Ein weiterer Reichsbürger-Thriller versucht, aktuelle politische Themen ins Metier des ARD-Sonntagskrimis zu integrieren. Wir sagen, ob dies gelungen ist …
Cast und Crew
- Regie und Drehbuch: Christian Bach
- Cast: Maria Simon, Lucas Gregorowicz, Anna König, Marcin Pietowski, Joshio Marlon, Gudrun Ritter, Hanns Zischler, Waldemar Kobus, Tadeusz Chudecki, Klaudiusz Kaufmann, Robert Gonera
- Kamera: Wolfgang Aichholzer
- Schnitt: Sine Sonne Munch
- Musik: Sebastian Pille, Martin Rott
Der Nationalismus grassiert auf beiden Seiten der deutsch-polnischen Grenze. Doch ehe Kommissarin Olga Lenski (Maria Simon) und ihr Partner Adam Raczek (Lucas Gregorowicz) damit konfrontiert werden, sterben zunächst Tiere. Viele Tiere: Eines Nachts werden alle Kühe des polnischen Landwirts Wojciech Sekula (Grzegorz Stosz), seines Sohnes Tomasz (Joshio Marlon) und seiner deutschen Frau Jenny (Anna König) in der Ortschaft Zimowe Pole nahe der Oder brutal getötet. Kinder finden auf dem Hof zudem einen abgetrennten Finger. Kurz darauf stirbt Wojciech nach einem erneuten Überfall. Ermittler verdächtigen zunächst den älteren Bruder des Mordopfers, Andrzej Sekula (Marcin Pietowski), der einst von seinem Vater enterbt wurde. Darüber hinaus stößt den Ermittlern das Verhalten des Bürgermeisters Roland von Seedow-Winterfeld (Hanns Zischler) sauer auf, wenngleich er ein alter Bekannter ist …

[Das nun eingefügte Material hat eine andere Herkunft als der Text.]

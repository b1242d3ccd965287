-- ===== src/Access/Written.antt =====
-- What each string setter does to the object.
use zproto.Base.{◌≡◌, some, length, arith}
use zproto.CharArray.{Bytes, block}
use zproto.CharArray.Laws.{overwritten, set_array-overwritten}
use zproto.Czmq.{Czmq}
use zproto.Example.{Example}
use zproto.Access.Strings.{
  set_host, set_client_forename, set_client_surname, set_client_mobile, set_client_email,
  set_supplier_forename, set_supplier_surname, set_supplier_mobile, set_supplier_email,
}

module _ ⦃z : Czmq⦄ (self : Example z) (v : Bytes) where
  pub set_host_lem :
      length self.host ≡ 256 → set_host self (block v) ≡ some (record self { host = overwritten v })
  unfolding set_host
  set_host_lem h = ground (arith, set_array-overwritten self.host v h)

  pub set_client_forename_lem :
      length self.client_forename ≡ 256
      → set_client_forename self (block v) ≡ some (record self { client_forename = overwritten v })
  unfolding set_client_forename
  set_client_forename_lem h = ground (arith, set_array-overwritten self.client_forename v h)

  pub set_client_surname_lem :
      length self.client_surname ≡ 256
      → set_client_surname self (block v) ≡ some (record self { client_surname = overwritten v })
  unfolding set_client_surname
  set_client_surname_lem h = ground (arith, set_array-overwritten self.client_surname v h)

  pub set_client_mobile_lem :
      length self.client_mobile ≡ 256
      → set_client_mobile self (block v) ≡ some (record self { client_mobile = overwritten v })
  unfolding set_client_mobile
  set_client_mobile_lem h = ground (arith, set_array-overwritten self.client_mobile v h)

  pub set_client_email_lem :
      length self.client_email ≡ 256
      → set_client_email self (block v) ≡ some (record self { client_email = overwritten v })
  unfolding set_client_email
  set_client_email_lem h = ground (arith, set_array-overwritten self.client_email v h)

  pub set_supplier_forename_lem :
      length self.supplier_forename ≡ 256
      → set_supplier_forename self (block v)
        ≡ some (record self { supplier_forename = overwritten v })
  unfolding set_supplier_forename
  set_supplier_forename_lem h = ground (arith, set_array-overwritten self.supplier_forename v h)

  pub set_supplier_surname_lem :
      length self.supplier_surname ≡ 256
      → set_supplier_surname self (block v)
        ≡ some (record self { supplier_surname = overwritten v })
  unfolding set_supplier_surname
  set_supplier_surname_lem h = ground (arith, set_array-overwritten self.supplier_surname v h)

  pub set_supplier_mobile_lem :
      length self.supplier_mobile ≡ 256
      → set_supplier_mobile self (block v) ≡ some (record self { supplier_mobile = overwritten v })
  unfolding set_supplier_mobile
  set_supplier_mobile_lem h = ground (arith, set_array-overwritten self.supplier_mobile v h)

  pub set_supplier_email_lem :
      length self.supplier_email ≡ 256
      → set_supplier_email self (block v) ≡ some (record self { supplier_email = overwritten v })
  unfolding set_supplier_email
  set_supplier_email_lem h = ground (arith, set_array-overwritten self.supplier_email v h)
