-- ===== src/Access/StringFields.antt =====
-- The nine setters of `char [256]` fields, zproto_example_set_host to _set_supplier_email, together.
use zproto.Base.{◌≡◌, refl, Option, none, some, take, All}
use zproto.CharArray.{Bytes, Source, block, c_string}
use zproto.CharArray.Laws.{IsArray, IsByte, overwritten-IsArray, c_string-overwritten}
use zproto.Czmq.{Czmq}
use zproto.Example.{Example}
use zproto.Example.View.{IsObject}
use zproto.Access.Strings
use zproto.Access.Written.{
  set_host_lem, set_client_forename_lem, set_client_surname_lem, set_client_mobile_lem,
  set_client_email_lem, set_supplier_forename_lem, set_supplier_surname_lem,
  set_supplier_mobile_lem, set_supplier_email_lem,
}

pub data Field : Type 0 where
  host client_forename client_surname client_mobile client_email supplier_forename supplier_surname
        supplier_mobile supplier_email :
      Field

module _ ⦃z : Czmq⦄ where
  -- The getter and the setter of a field, and the object with other memory in it.
  abbrev pub getter : Field → Example z → Bytes
  getter host = Strings.host
  getter client_forename = Strings.client_forename
  getter client_surname = Strings.client_surname
  getter client_mobile = Strings.client_mobile
  getter client_email = Strings.client_email
  getter supplier_forename = Strings.supplier_forename
  getter supplier_surname = Strings.supplier_surname
  getter supplier_mobile = Strings.supplier_mobile
  getter supplier_email = Strings.supplier_email

  abbrev pub setter : Field → Example z → Source → Option (Example z)
  setter host = Strings.set_host
  setter client_forename = Strings.set_client_forename
  setter client_surname = Strings.set_client_surname
  setter client_mobile = Strings.set_client_mobile
  setter client_email = Strings.set_client_email
  setter supplier_forename = Strings.set_supplier_forename
  setter supplier_surname = Strings.set_supplier_surname
  setter supplier_mobile = Strings.set_supplier_mobile
  setter supplier_email = Strings.set_supplier_email

  abbrev pub with_field : Field → Bytes → Example z → Example z
  with_field host cells self = record self { host = cells }
  with_field client_forename cells self = record self { client_forename = cells }
  with_field client_surname cells self = record self { client_surname = cells }
  with_field client_mobile cells self = record self { client_mobile = cells }
  with_field client_email cells self = record self { client_email = cells }
  with_field supplier_forename cells self = record self { supplier_forename = cells }
  with_field supplier_surname cells self = record self { supplier_surname = cells }
  with_field supplier_mobile cells self = record self { supplier_mobile = cells }
  with_field supplier_email cells self = record self { supplier_email = cells }

  -- The setter has come to its end: the object is well formed, the field reads as the first 255
  -- bytes of the value, and no other field has changed.
  abbrev pub HasSet : Field → Example z → Bytes → Option (Example z) → Type 0
  HasSet field self value none = ⊥
  HasSet field self value (some self') =
      IsObject self'
      × (c_string (getter field self') ≡ take 255 (c_string value))
      × (self' ≡ with_field field (getter field self') self)

  with_host-IsObject :
      (self : Example z) (cells : Bytes)
      → IsArray cells
      → IsObject self
      → IsObject (with_field host cells self)
  with_host-IsObject self cells a o = search (a, o)

  with_client_forename-IsObject :
      (self : Example z) (cells : Bytes)
      → IsArray cells
      → IsObject self
      → IsObject (with_field client_forename cells self)
  with_client_forename-IsObject self cells a o = search (a, o)

  with_client_surname-IsObject :
      (self : Example z) (cells : Bytes)
      → IsArray cells
      → IsObject self
      → IsObject (with_field client_surname cells self)
  with_client_surname-IsObject self cells a o = search (a, o)

  with_client_mobile-IsObject :
      (self : Example z) (cells : Bytes)
      → IsArray cells
      → IsObject self
      → IsObject (with_field client_mobile cells self)
  with_client_mobile-IsObject self cells a o = search (a, o)

  with_client_email-IsObject :
      (self : Example z) (cells : Bytes)
      → IsArray cells
      → IsObject self
      → IsObject (with_field client_email cells self)
  with_client_email-IsObject self cells a o = search (a, o)

  with_supplier_forename-IsObject :
      (self : Example z) (cells : Bytes)
      → IsArray cells
      → IsObject self
      → IsObject (with_field supplier_forename cells self)
  with_supplier_forename-IsObject self cells a o = search (a, o)

  with_supplier_surname-IsObject :
      (self : Example z) (cells : Bytes)
      → IsArray cells
      → IsObject self
      → IsObject (with_field supplier_surname cells self)
  with_supplier_surname-IsObject self cells a o = search (a, o)

  with_supplier_mobile-IsObject :
      (self : Example z) (cells : Bytes)
      → IsArray cells
      → IsObject self
      → IsObject (with_field supplier_mobile cells self)
  with_supplier_mobile-IsObject self cells a o = search (a, o)

  with_supplier_email-IsObject :
      (self : Example z) (cells : Bytes)
      → IsArray cells
      → IsObject self
      → IsObject (with_field supplier_email cells self)
  with_supplier_email-IsObject self cells a o = search (a, o)

  -- On a well formed object, whatever bytes the value has and however many: no setter of a
  -- `char [256]` field writes past it, the object stays well formed, the getter then reads the
  -- first 255 bytes of the value, and no other field changes.
  pub setter_lem :
      (field : Field) (self : Example z) (value : Bytes)
      → IsObject self
      → All IsByte value
      → HasSet field self value (setter field self (block value))
  unfolding Strings.host Strings.client_forename Strings.client_surname Strings.client_mobile
      Strings.client_email Strings.supplier_forename Strings.supplier_surname
      Strings.supplier_mobile Strings.supplier_email
  setter_lem host self value o b = rw (set_host_lem self value o.host.size) (
    with_host-IsObject self _ (overwritten-IsArray value b) o,
    c_string-overwritten value b,
    refl,
  )
  setter_lem client_forename self value o b =
      rw (set_client_forename_lem self value o.client_forename.size) (
        with_client_forename-IsObject self _ (overwritten-IsArray value b) o,
        c_string-overwritten value b,
        refl,
      )
  setter_lem client_surname self value o b =
      rw (set_client_surname_lem self value o.client_surname.size) (
        with_client_surname-IsObject self _ (overwritten-IsArray value b) o,
        c_string-overwritten value b,
        refl,
      )
  setter_lem client_mobile self value o b =
      rw (set_client_mobile_lem self value o.client_mobile.size) (
        with_client_mobile-IsObject self _ (overwritten-IsArray value b) o,
        c_string-overwritten value b,
        refl,
      )
  setter_lem client_email self value o b =
      rw (set_client_email_lem self value o.client_email.size) (
        with_client_email-IsObject self _ (overwritten-IsArray value b) o,
        c_string-overwritten value b,
        refl,
      )
  setter_lem supplier_forename self value o b =
      rw (set_supplier_forename_lem self value o.supplier_forename.size) (
        with_supplier_forename-IsObject self _ (overwritten-IsArray value b) o,
        c_string-overwritten value b,
        refl,
      )
  setter_lem supplier_surname self value o b =
      rw (set_supplier_surname_lem self value o.supplier_surname.size) (
        with_supplier_surname-IsObject self _ (overwritten-IsArray value b) o,
        c_string-overwritten value b,
        refl,
      )
  setter_lem supplier_mobile self value o b =
      rw (set_supplier_mobile_lem self value o.supplier_mobile.size) (
        with_supplier_mobile-IsObject self _ (overwritten-IsArray value b) o,
        c_string-overwritten value b,
        refl,
      )
  setter_lem supplier_email self value o b =
      rw (set_supplier_email_lem self value o.supplier_email.size) (
        with_supplier_email-IsObject self _ (overwritten-IsArray value b) o,
        c_string-overwritten value b,
        refl,
      )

Je tiefer Lenski und Raczek bohren, desto mehr offenbart sich, dass hinter den Taten mehr steckt als etwa rein materieller Neid. So begegnen sie Deutschen, die auf dubiosen Wegen und aus nationalistischen Motiven polnische Ländereien aufkaufen und so für Misstrauen und Hass in der ländlichen Gegend rund um Frankfurt an der Oder sorgen. Autor und Regisseur Christian Bach hat langwierige Recherche betrieben, um den Fall und seine Hintergründe authentisch darzustellen. Auch wenn sich dieser Fall selbstredend kreative Freiheit gestattet, ist es tatsächlich verbucht, dass Strohmänner im deutsch-polnischen Grenzgebiet eingesetzt werden, um Nicht-Polen den Erwerb von Landstücken auf der polnischen Seite zu erleichtern.
Dieser «Polizeiruf 110» nimmt die verbuchte Angst einiger Polen, Deutsche wollten sich so "ihre" alten Gebiete zurückerobern, und verquickt sie mit der ebenso realen Problematik auf dieser Seite der Grenze, dass ewiggestrige Reichsbürger veraltete Karten verehren, wie andere Fundamentalisten uralte religiöse Texte, die zuweilen frei uminterpretiert werden, um galligere, aggressivere Weltansichten zu rechtfertigen.
Die besten Passagen von «Polizeiruf 110: Heimatliebe» sind daher jene, die sich von Krimikonventionen entfernen und mit langsam steigender Anspannung in die finsteren Milieus absteigen. Und jene, in denen sich die Verdächtigen über das ständig aneinandergeratene Ermittler-Team echauffieren. Sowie all jene, in der mit Zweisprachigkeit, Kommunikationsproblemen und Code-Switching dem Plot eine zweite Ebene zugefügt wird, wodurch das Ensemble stärker gefordert wird als im Krimialltag. Kameramann Wolfgang Aichholzer trägt mit seiner dreckig-realen Bildsprache zur angespannten Grundstimmung bei und Sine Sonne Munchs Schnittarbeit versteht es, dem langsam beginnenden Fall Sinnabschnitt für Sinnabschnitt mehr Schärfe einzuverleiben.
«Polizeiruf 110: Heimatliebe» ist am 25. August 2019 ab 20.15 Uhr im Ersten zu sehen.